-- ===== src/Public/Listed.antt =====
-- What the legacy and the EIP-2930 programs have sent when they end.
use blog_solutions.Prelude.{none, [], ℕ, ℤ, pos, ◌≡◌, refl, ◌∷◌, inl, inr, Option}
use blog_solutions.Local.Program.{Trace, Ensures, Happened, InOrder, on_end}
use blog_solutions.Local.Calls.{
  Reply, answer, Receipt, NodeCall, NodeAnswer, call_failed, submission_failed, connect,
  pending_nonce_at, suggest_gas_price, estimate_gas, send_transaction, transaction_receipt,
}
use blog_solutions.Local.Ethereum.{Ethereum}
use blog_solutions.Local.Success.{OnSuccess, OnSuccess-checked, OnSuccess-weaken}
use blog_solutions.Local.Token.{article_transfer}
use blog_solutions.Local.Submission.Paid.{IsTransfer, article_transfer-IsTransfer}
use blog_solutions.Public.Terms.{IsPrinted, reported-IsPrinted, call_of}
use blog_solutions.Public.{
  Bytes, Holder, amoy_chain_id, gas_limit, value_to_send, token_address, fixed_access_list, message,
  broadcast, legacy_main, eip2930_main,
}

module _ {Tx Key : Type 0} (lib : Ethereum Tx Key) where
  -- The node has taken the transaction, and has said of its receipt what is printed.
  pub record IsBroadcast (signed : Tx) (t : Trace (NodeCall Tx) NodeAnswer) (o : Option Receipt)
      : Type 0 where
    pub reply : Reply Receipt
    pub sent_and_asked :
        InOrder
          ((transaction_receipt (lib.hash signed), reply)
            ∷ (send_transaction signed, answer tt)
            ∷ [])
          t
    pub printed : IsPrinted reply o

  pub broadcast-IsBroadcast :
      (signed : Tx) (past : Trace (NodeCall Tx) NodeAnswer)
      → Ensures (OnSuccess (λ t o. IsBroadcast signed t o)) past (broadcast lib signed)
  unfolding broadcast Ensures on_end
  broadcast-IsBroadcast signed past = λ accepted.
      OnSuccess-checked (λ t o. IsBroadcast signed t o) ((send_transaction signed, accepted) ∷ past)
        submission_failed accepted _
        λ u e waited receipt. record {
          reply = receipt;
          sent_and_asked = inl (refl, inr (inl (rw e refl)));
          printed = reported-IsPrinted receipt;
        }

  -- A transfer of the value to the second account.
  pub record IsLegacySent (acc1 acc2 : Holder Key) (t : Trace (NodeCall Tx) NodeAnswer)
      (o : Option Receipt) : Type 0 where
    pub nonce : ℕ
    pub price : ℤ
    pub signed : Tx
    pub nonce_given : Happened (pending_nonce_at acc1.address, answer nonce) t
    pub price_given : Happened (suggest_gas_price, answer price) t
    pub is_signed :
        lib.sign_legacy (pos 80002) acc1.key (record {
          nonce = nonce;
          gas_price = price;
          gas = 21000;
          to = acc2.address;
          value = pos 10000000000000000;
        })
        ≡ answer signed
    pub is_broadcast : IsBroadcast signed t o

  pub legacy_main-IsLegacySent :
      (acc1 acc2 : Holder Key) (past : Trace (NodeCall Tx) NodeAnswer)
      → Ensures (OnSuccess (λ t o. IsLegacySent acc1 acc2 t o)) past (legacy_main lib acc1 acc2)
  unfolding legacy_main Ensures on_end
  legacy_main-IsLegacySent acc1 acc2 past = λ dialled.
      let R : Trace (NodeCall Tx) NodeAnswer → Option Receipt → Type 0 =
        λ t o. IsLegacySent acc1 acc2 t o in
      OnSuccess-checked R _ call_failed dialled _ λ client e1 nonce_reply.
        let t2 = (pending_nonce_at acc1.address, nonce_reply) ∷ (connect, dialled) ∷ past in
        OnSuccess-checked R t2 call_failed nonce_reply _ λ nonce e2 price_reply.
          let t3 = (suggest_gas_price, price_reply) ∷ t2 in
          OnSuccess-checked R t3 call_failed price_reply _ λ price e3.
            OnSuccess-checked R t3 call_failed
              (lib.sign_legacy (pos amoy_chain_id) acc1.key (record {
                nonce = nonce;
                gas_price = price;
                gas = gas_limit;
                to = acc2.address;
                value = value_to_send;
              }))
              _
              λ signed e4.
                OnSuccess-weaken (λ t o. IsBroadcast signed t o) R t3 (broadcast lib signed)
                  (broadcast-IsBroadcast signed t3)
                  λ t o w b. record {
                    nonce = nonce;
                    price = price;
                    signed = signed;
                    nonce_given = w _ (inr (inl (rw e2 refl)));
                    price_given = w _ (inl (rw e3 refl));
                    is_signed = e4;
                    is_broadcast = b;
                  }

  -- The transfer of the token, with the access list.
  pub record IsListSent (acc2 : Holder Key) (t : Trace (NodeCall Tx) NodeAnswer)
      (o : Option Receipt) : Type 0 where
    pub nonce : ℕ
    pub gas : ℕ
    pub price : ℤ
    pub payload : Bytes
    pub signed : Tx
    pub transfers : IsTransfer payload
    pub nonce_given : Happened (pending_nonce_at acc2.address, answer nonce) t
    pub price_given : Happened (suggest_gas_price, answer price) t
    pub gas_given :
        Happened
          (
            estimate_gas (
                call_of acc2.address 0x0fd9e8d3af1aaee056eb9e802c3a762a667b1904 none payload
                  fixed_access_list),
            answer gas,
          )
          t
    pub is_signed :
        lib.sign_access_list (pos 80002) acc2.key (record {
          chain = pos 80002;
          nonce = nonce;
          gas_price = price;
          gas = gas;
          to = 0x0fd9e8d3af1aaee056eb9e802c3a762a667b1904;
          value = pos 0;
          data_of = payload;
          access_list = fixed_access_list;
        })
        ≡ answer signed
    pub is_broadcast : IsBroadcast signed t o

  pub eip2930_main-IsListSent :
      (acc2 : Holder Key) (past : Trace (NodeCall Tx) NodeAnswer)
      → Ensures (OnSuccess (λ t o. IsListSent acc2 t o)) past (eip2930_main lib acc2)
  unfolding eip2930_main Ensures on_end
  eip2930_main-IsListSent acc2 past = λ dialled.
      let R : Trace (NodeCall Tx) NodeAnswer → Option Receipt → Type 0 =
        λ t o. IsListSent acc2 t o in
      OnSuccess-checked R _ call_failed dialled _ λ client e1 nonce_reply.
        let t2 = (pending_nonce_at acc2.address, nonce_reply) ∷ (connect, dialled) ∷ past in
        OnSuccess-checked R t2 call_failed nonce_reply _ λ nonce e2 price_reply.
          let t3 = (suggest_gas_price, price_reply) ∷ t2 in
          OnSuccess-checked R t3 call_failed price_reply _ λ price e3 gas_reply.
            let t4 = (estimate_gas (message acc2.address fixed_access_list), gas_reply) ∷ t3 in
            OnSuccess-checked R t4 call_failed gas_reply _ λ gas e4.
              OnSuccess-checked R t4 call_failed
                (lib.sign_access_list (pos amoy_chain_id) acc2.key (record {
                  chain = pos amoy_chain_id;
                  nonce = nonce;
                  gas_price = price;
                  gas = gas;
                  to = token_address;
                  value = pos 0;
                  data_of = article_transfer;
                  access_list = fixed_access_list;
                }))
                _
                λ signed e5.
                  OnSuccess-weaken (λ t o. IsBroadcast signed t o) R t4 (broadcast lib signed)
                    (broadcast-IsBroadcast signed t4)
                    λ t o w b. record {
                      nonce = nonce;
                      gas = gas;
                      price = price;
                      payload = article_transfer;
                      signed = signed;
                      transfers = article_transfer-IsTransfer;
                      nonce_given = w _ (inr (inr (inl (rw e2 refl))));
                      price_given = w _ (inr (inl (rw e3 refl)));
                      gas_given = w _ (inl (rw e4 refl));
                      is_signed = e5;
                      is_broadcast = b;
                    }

----

__Your assignment__: Every record must be given again exactly as it was written.

__Exercise solution__:
-- ===== src/Public/Listed.antt =====
-- What the legacy and the EIP-2930 programs have sent when they end.
use blog_solutions.Prelude.{none, [], ℕ, ℤ, pos, ◌≡◌, refl, ◌∷◌, inl, inr, Option}
use blog_solutions.Local.Program.{Trace, Ensures, Happened, InOrder, on_end}
use blog_solutions.Local.Calls.{
  Reply, answer, Receipt, NodeCall, NodeAnswer, call_failed, submission_failed, connect,
  pending_nonce_at, suggest_gas_price, estimate_gas, send_transaction, transaction_receipt,
}
use blog_solutions.Local.Ethereum.{Ethereum}
use blog_solutions.Local.Success.{OnSuccess, OnSuccess-checked, OnSuccess-weaken}
use blog_solutions.Local.Token.{article_transfer}
use blog_solutions.Local.Submission.Paid.{IsTransfer, article_transfer-IsTransfer}
use blog_solutions.Public.Terms.{IsPrinted, reported-IsPrinted, call_of}
use blog_solutions.Public.{
  Bytes, Holder, amoy_chain_id, gas_limit, value_to_send, token_address, fixed_access_list, message,
  broadcast, legacy_main, eip2930_main,
}

module _ {Tx Key : Type 0} (lib : Ethereum Tx Key) where
  -- The node has taken the transaction, and has said of its receipt what is printed.
  pub record IsBroadcast (signed : Tx) (t : Trace (NodeCall Tx) NodeAnswer) (o : Option Receipt)
      : Type 0 where
    pub reply : Reply Receipt
    pub sent_and_asked :
        InOrder
          ((transaction_receipt (lib.hash signed), reply)
            ∷ (send_transaction signed, answer tt)
            ∷ [])
          t
    pub printed : IsPrinted reply o

  pub broadcast-IsBroadcast :
      (signed : Tx) (past : Trace (NodeCall Tx) NodeAnswer)
      → Ensures (OnSuccess (λ t o. IsBroadcast signed t o)) past (broadcast lib signed)
  unfolding broadcast Ensures on_end
  broadcast-IsBroadcast signed past = λ accepted.
      OnSuccess-checked (λ t o. IsBroadcast signed t o) ((send_transaction signed, accepted) ∷ past)
        submission_failed accepted _
        λ u e waited receipt. record {
          reply = receipt;
          sent_and_asked = inl (refl, inr (inl (rw e refl)));
          printed = reported-IsPrinted receipt;
        }

  -- A transfer of the value to the second account.
  pub record IsLegacySent (acc1 acc2 : Holder Key) (t : Trace (NodeCall Tx) NodeAnswer)
      (o : Option Receipt) : Type 0 where
    pub nonce : ℕ
    pub price : ℤ
    pub signed : Tx
    pub nonce_given : Happened (pending_nonce_at acc1.address, answer nonce) t
    pub price_given : Happened (suggest_gas_price, answer price) t
    pub is_signed :
        lib.sign_legacy (pos 80002) acc1.key (record {
          nonce = nonce;
          gas_price = price;
          gas = 21000;
          to = acc2.address;
          value = pos 10000000000000000;
        })
        ≡ answer signed
    pub is_broadcast : IsBroadcast signed t o

  pub legacy_main-IsLegacySent :
      (acc1 acc2 : Holder Key) (past : Trace (NodeCall Tx) NodeAnswer)
      → Ensures (OnSuccess (λ t o. IsLegacySent acc1 acc2 t o)) past (legacy_main lib acc1 acc2)
  unfolding legacy_main Ensures on_end
  legacy_main-IsLegacySent acc1 acc2 past = λ dialled.
      let R : Trace (NodeCall Tx) NodeAnswer → Option Receipt → Type 0 =
        λ t o. IsLegacySent acc1 acc2 t o in
      OnSuccess-checked R _ call_failed dialled _ λ client e1 nonce_reply.
        let t2 = (pending_nonce_at acc1.address, nonce_reply) ∷ (connect, dialled) ∷ past in
        OnSuccess-checked R t2 call_failed nonce_reply _ λ nonce e2 price_reply.
          let t3 = (suggest_gas_price, price_reply) ∷ t2 in
          OnSuccess-checked R t3 call_failed price_reply _ λ price e3.
            OnSuccess-checked R t3 call_failed
              (lib.sign_legacy (pos amoy_chain_id) acc1.key (record {
                nonce = nonce;
                gas_price = price;
                gas = gas_limit;
                to = acc2.address;
                value = value_to_send;
              }))
              _
              λ signed e4.
                OnSuccess-weaken (λ t o. IsBroadcast signed t o) R t3 (broadcast lib signed)
                  (broadcast-IsBroadcast signed t3)
                  λ t o w b. record {
                    nonce = nonce;
                    price = price;
                    signed = signed;
                    nonce_given = w _ (inr (inl (rw e2 refl)));
                    price_given = w _ (inl (rw e3 refl));
                    is_signed = e4;
                    is_broadcast = b;
                  }

  -- The transfer of the token, with the access list.
  pub record IsListSent (acc2 : Holder Key) (t : Trace (NodeCall Tx) NodeAnswer)
      (o : Option Receipt) : Type 0 where
    pub nonce : ℕ
    pub gas : ℕ
    pub price : ℤ
    pub payload : Bytes
    pub signed : Tx
    pub transfers : IsTransfer payload
    pub nonce_given : Happened (pending_nonce_at acc2.address, answer nonce) t
    pub price_given : Happened (suggest_gas_price, answer price) t
    pub gas_given :
        Happened
          (
            estimate_gas (
                call_of acc2.address 0x0fd9e8d3af1aaee056eb9e802c3a762a667b1904 none payload
                  fixed_access_list),
            answer gas,
          )
          t
    pub is_signed :
        lib.sign_access_list (pos 80002) acc2.key (record {
          chain = pos 80002;
          nonce = nonce;
          gas_price = price;
          gas = gas;
          to = 0x0fd9e8d3af1aaee056eb9e802c3a762a667b1904;
          value = pos 0;
          data_of = payload;
          access_list = fixed_access_list;
        })
        ≡ answer signed
    pub is_broadcast : IsBroadcast signed t o

  pub eip2930_main-IsListSent :
      (acc2 : Holder Key) (past : Trace (NodeCall Tx) NodeAnswer)
      → Ensures (OnSuccess (λ t o. IsListSent acc2 t o)) past (eip2930_main lib acc2)
  unfolding eip2930_main Ensures on_end
  eip2930_main-IsListSent acc2 past = λ dialled.
      let R : Trace (NodeCall Tx) NodeAnswer → Option Receipt → Type 0 =
        λ t o. IsListSent acc2 t o in
      OnSuccess-checked R _ call_failed dialled _ λ client e1 nonce_reply.
        let t2 = (pending_nonce_at acc2.address, nonce_reply) ∷ (connect, dialled) ∷ past in
        OnSuccess-checked R t2 call_failed nonce_reply _ λ nonce e2 price_reply.
          let t3 = (suggest_gas_price, price_reply) ∷ t2 in
          OnSuccess-checked R t3 call_failed price_reply _ λ price e3 gas_reply.
            let t4 = (estimate_gas (message acc2.address fixed_access_list), gas_reply) ∷ t3 in
            OnSuccess-checked R t4 call_failed gas_reply _ λ gas e4.
              OnSuccess-checked R t4 call_failed
                (lib.sign_access_list (pos amoy_chain_id) acc2.key (record {
                  chain = pos amoy_chain_id;
                  nonce = nonce;
                  gas_price = price;
                  gas = gas;
                  to = token_address;
                  value = pos 0;
                  data_of = article_transfer;
                  access_list = fixed_access_list;
                }))
                _
                λ signed e5.
                  OnSuccess-weaken (λ t o. IsBroadcast signed t o) R t4 (broadcast lib signed)
                    (broadcast-IsBroadcast signed t4)
                    λ t o w b. record {
                      nonce = nonce;
                      gas = gas;
                      price = price;
                      payload = article_transfer;
                      signed = signed;
                      transfers = article_transfer-IsTransfer;
                      nonce_given = w _ (inr (inr (inl (rw e2 refl))));
                      price_given = w _ (inr (inl (rw e3 refl)));
                      gas_given = w _ (inl (rw e4 refl));
                      is_signed = e5;
                      is_broadcast = b;
                    }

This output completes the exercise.